In the same study, the authors proposed several management measures for the sustainable use of show caves [59]. First, control of lighting is required through a combination of early removal of lampenflora and adjustment of lighting levels (both light intensity and duration). Another measure is continuous monitoring of CO₂ levels and occasional ventilation through the airlocks during the peak season in caves without a natural entrance. In caves where the hazard varies seasonally, seasonal changes in visitor management can be made, benefiting both the cave environment and the visitor health [59]. Finally, microbiological monitoring of surfaces should be routinely carried out to control pathogens introduced by visitors [59].

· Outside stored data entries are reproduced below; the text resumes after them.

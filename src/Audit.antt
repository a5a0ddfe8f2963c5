-- ===== src/Audit.antt =====
-- The package audit: the hash chain of the journal (headofcontext/audit).
pub mod Payload
pub mod Chain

It is difficult to discuss the impact of adaptation to tourism on the biodiversity of Resava Cave, as there is no comparable data before the cave was commercially opened to visitors. However, we can state that the wildlife we encountered in the cave seems to survive relatively undisturbed despite the introduction of stairs and LED lights in the cave. It seems like a good idea to bring rotting pieces of wood into the cave and place them on the floor of the damp halls in the lower level of the cave to give the millipedes a better chance of survival (it should be ensured that the wood provided does not contain any animals). This potential conservation measure would be particularly important for the troglophilic Trachysphaera sp., which is always present in the cave, albeit in small numbers. The provision of additional wood as a food source would certainly strengthen its population in the cave. Another advantage of this measure would be the possibility to collect male specimens for the final identification of the species.

If there are no new anthropogenic changes, the current management does not seem to jeopardize the survival of the fauna in Resava Cave, which has already been demonstrated for other show caves in situ [58]. Of course, further studies on ecological impacts would provide much more information on the status and prospects of terrestrial arthropod populations in the cave. Certainly, conservation efforts should focus on the obligate cave dwellers—the troglobites.